The feed line width (W) of 119 Ω, which is the absolute value of the result obtained from the image parameter method and Bloch theory, was 0.054 mm on the Astra MT77 substrate at 79 GHz. The design parameters of the corresponding end radiating element were as follows: a_i = 0.56 mm, b_i = 1.071 mm, depth = 0.485 mm, and w_i = 0.137 mm. For the feed line of 90 Ω, which is the real value of the optimum impedance obtained from Equations (1) and (5), the line width (W) was 0.11 mm, and the matched end radiating elements had the following design parameters: a_i = 0.562 mm, b_i = 1.07 mm, depth = 0.487 mm, and w_i = 0.15 mm. When the characteristic impedance was 100 Ω, which is a common width in the literature for series-fed microstrip array antennas, the width of the feed line (W) was 0.08 mm. The design parameters for a series-fed microstrip array antenna with a characteristic impedance of 100 Ω were as follows: a_i = 0.69 mm, b_i = 1.0595 mm, depth = 0.5 mm, and w_i = 0.16 mm.

The simulated reflection coefficients of these series-fed microstrip array antennas are shown in Figure 6. The -10 dB reflection coefficient bandwidth of the simulation was 5.74 GHz at 119 Ω, 4.02 GHz at 90 Ω, and 5.52 GHz at 100 Ω. Notably, the feed line with an optimum characteristic impedance of 119 Ω increased the bandwidth by approximately 200 MHz compared with the common characteristic impedance of 100 Ω. Moreover, we note that the absolute value, rather than the real value, of the impedance obtained from the Bloch theory and image impedance method should be used as the impedance of the feed line.

Figure 6: 
Simulated reflection coefficients of the antenna with respect to the operating frequencies

The radiation patterns of the E- and H-planes simulated at 79 GHz are shown in Figure 7. The peak gains in the E- and H-planes were 17.33 dB for the characteristic impedance of 119 Ω with a feed-line width of 0.054 mm, 14.75 dB for the characteristic impedance of 90 Ω with a feed-line width of 0.11 mm, and 16.02 dB for the characteristic impedance of 100 Ω with a feed-line width of 0.08 mm.

Figure 7: 
Simulated radiation patterns at 79 GHz: (a) E-plane; (b) H-plane

The simulated antenna efficiency is shown in Figure 8. The antenna efficiencies were 97.55%, 96.13%, and 94.98% at 119 Ω, 100 Ω, and 90 Ω, respectively. The highest antenna efficiency was obtained using a 119 Ω feed line.

Figure 8: 
Simulated antenna efficiency at the operating frequency

For a feed line with a characteristic impedance of 119 Ω, the antenna gain was approximately 1.31 dB higher than that of a series-fed microstrip array antenna with a feed line of 100 Ω. Furthermore, the gain when using a feed line with a characteristic impedance of 119 Ω was approximately 2.58 dB higher than that when using a feed line with a characteristic impedance of 90 Ω. That is, when the absolute values of the optimal characteristic impedances obtained from the image parameter method and Bloch theory are applied, a larger antenna gain can be obtained than when the real values are applied.
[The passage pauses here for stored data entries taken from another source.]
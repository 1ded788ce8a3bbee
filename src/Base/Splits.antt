-- ===== src/Base/Splits.antt =====
-- Python's `split` and `rsplit` at a separator of several characters, and when they undo a join.
use mathlib.Core.Path.{◌≡◌, refl, ap, sym, ◌∙◌, subst}
use mathlib.Core.Bool.{true, false, ◌&&◌, ◌||◌}
use mathlib.Core.Option.{Option, none, some}
use mathlib.Core.List.{List, [], ◌∷◌, ◌++◌, append_assoc}
use Prim.Native.Nat.{ℕ, zero, suc, ◌-◌, ◌≤◌, ◌<◌}
use native.Mathlib.Omega.{arith}
use arguss.Base.Tests.{◌==◌, if◌then◌else◌, is_some}
use arguss.Base.Lists.{length, length-append}
use arguss.Base.Texts.{Text, starts_with, has_substring}
use arguss.Base.Paths.{push_char}

-- The parts from here on, the next `skip` characters being those of a separator.
unfoldable pub split_from : Text → ℕ → Text → List Text
unfolding push_char
split_from sep skip [] = [] ∷ []
split_from sep (suc k) (c ∷ s) = split_from sep k s
split_from sep zero (c ∷ s) =
    let hit = starts_with sep (c ∷ s) in
    let rest = split_from sep (if hit then length sep - 1 else 0) s in
    if hit then [] ∷ rest else push_char c rest

-- s.split(sep)
unfoldable pub split_text : Text → Text → List Text
unfolding split_from
split_text sep s = split_from sep 0 s

-- What stands before the last occurrence: s.rsplit(sep, 1)[0], where sep in s.
unfoldable pub before_last : Text → Text → Option Text
before_last sep [] = none
before_last sep (c ∷ s) =
    let here : Option Text = if starts_with sep (c ∷ s) then some [] else none in
    elim (before_last sep s) [ some p ↦ some (c ∷ p) | none ↦ here ]

pub before_last-lt : (sep s p : Text) → before_last sep s ≡ some p → length p < length s
unfolding before_last
before_last-lt sep [] p h = cc
before_last-lt sep (c ∷ s) p h = by_rest (before_last sep s) (before_last-lt sep s) p h
  where
    by_rest :
        (o : Option Text)
        → ((q : Text) → o ≡ some q → length q < length s)
        → (p : Text)
        → ◌≡◌ {A = Option Text}
            (elim o [
              | some q ↦ some (c ∷ q)
              | none ↦ if starts_with sep (c ∷ s) then some [] else none
            ])
            (some p)
        → length p < suc (length s)
    by_rest none f p h = ground arith
    by_rest (some q) f p h = ground (arith, f q refl)

pub starts_with_self : (p r : Text) → starts_with p (p ++ r) ≡ true
unfolding starts_with
starts_with_self [] r = refl
starts_with_self (c ∷ p) r = ground (arith, starts_with_self p r)

-- Text beyond the length of the prefix does not matter.
starts_with-append : (p s r : Text) → length p ≤ length s → starts_with p (s ++ r) ≡ starts_with p s
unfolding starts_with
starts_with-append [] s r h = refl
starts_with-append (c ∷ p) [] r h = ground arith
starts_with-append (c ∷ p) (d ∷ s) r h =
    ap (λ b. (c == d) && b) (starts_with-append p s r (omega (arith, h)))

starts_with-extend : (p s r : Text) → starts_with p (s ++ r) ≡ false → starts_with p s ≡ false
unfolding starts_with
starts_with-extend [] s r h = h
starts_with-extend (c ∷ p) [] r h = refl
starts_with-extend (c ∷ p) (d ∷ s) r h = ground (arith, starts_with-extend p s r)

split_from-skip : (sep ds r : Text) → split_from sep (length ds) (ds ++ r) ≡ split_from sep 0 r
unfolding split_from
split_from-skip sep [] r = refl
split_from-skip sep (d ∷ ds) r = split_from-skip sep ds r

-- No separator begins inside the text, one that follows it included.
abbrev pub Clean : Text → Text → Type 0
Clean sep [] = Unit
Clean sep (c ∷ s) = (starts_with sep ((c ∷ s) ++ sep) ≡ false) × Clean sep s

pub split_text-append :
    (d : ℕ) (ds n r : Text)
    → Clean (d ∷ ds) n
    → split_text (d ∷ ds) (n ++ ((d ∷ ds) ++ r)) ≡ n ∷ split_text (d ∷ ds) r
unfolding split_text split_from
split_text-append d ds [] r k = rw (starts_with_self (d ∷ ds) r) (
    ap (λ l. [] ∷ l)
      (subst (λ m. split_from (d ∷ ds) m (ds ++ r) ≡ split_from (d ∷ ds) 0 r) (omega arith)
        (split_from-skip (d ∷ ds) ds r)))
split_text-append d ds (c ∷ n) r k =
    let e = sym (append_assoc (c ∷ n) (d ∷ ds) r) in
    let no_hit : starts_with (d ∷ ds) ((c ∷ n) ++ ((d ∷ ds) ++ r)) ≡ false =
      ap (starts_with (d ∷ ds)) e
      ∙ (starts_with-append (d ∷ ds) ((c ∷ n) ++ (d ∷ ds)) r
            (omega (arith, length-append {0} (c ∷ n) (d ∷ ds)))
          ∙ k.0) in
    rw no_hit (ap (push_char c) (split_text-append d ds n r k.1))

pub split_text-Clean : (d : ℕ) (ds n : Text) → Clean (d ∷ ds) n → split_text (d ∷ ds) n ≡ n ∷ []
unfolding split_text split_from
split_text-Clean d ds [] k = refl
split_text-Clean d ds (c ∷ n) k =
    rw (starts_with-extend (d ∷ ds) (c ∷ n) (d ∷ ds) k.0)
      (ap (push_char c) (split_text-Clean d ds n k.1))

-- The last separator stands after the text that ends before it.
pub before_last-Clean : (sep s : Text) → Clean sep s → before_last sep s ≡ none
unfolding before_last
before_last-Clean sep [] k = refl
before_last-Clean sep (c ∷ s) k =
    rw (before_last-Clean sep s k.1, starts_with-extend sep (c ∷ s) sep k.0) refl

pub before_last-append :
    (d : ℕ) (ds s n : Text)
    → Clean (d ∷ ds) (ds ++ n)
    → before_last (d ∷ ds) (s ++ ((d ∷ ds) ++ n)) ≡ some s
unfolding before_last
before_last-append d ds [] n k =
    rw (before_last-Clean (d ∷ ds) (ds ++ n) k, starts_with_self (d ∷ ds) n) refl
before_last-append d ds (c ∷ s) n k = rw (before_last-append d ds s n k) refl

-- s.rsplit(sep, 1)[0]
abbrev head_or : Text → Option Text → Text
head_or s none = s
head_or s (some p) = p

unfoldable pub rsplit_head : Text → Text → Text
rsplit_head sep s = head_or s (before_last sep s)

pub rsplit_head-some : (sep s p : Text) → before_last sep s ≡ some p → rsplit_head sep s ≡ p
unfolding rsplit_head
rsplit_head-some sep s p e = ap (head_or s) e

pub has_substring-before_last :
    (d : ℕ) (ds s : Text) → has_substring (d ∷ ds) s ≡ is_some (before_last (d ∷ ds) s)
unfolding has_substring before_last starts_with
has_substring-before_last d ds [] = refl
has_substring-before_last d ds (c ∷ s) =
    by_rest (before_last (d ∷ ds) s) (has_substring-before_last d ds s)
  where
    by_rest :
        (o : Option Text)
        → has_substring (d ∷ ds) s ≡ is_some o
        → (starts_with (d ∷ ds) (c ∷ s) || has_substring (d ∷ ds) s)
          ≡ is_some {A = Text} (elim o [
            | some q ↦ some (c ∷ q)
            | none ↦ if starts_with (d ∷ ds) (c ∷ s) then some [] else none
          ])
    by_rest none h = ground arith
    by_rest (some q) h = ground arith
The difference in gain between the characteristic impedances of 119 Ω and 100 Ω was linearly approximately 1.35 times; this is an effect that can theoretically reduce the number of radiating elements by 1.35 times compared with the conventional method. Therefore, the feed line of 100 Ω required 23 radiating elements to have the same gain as the series-fed microstrip array antenna with a feed line of 119 Ω and 17 radiating elements.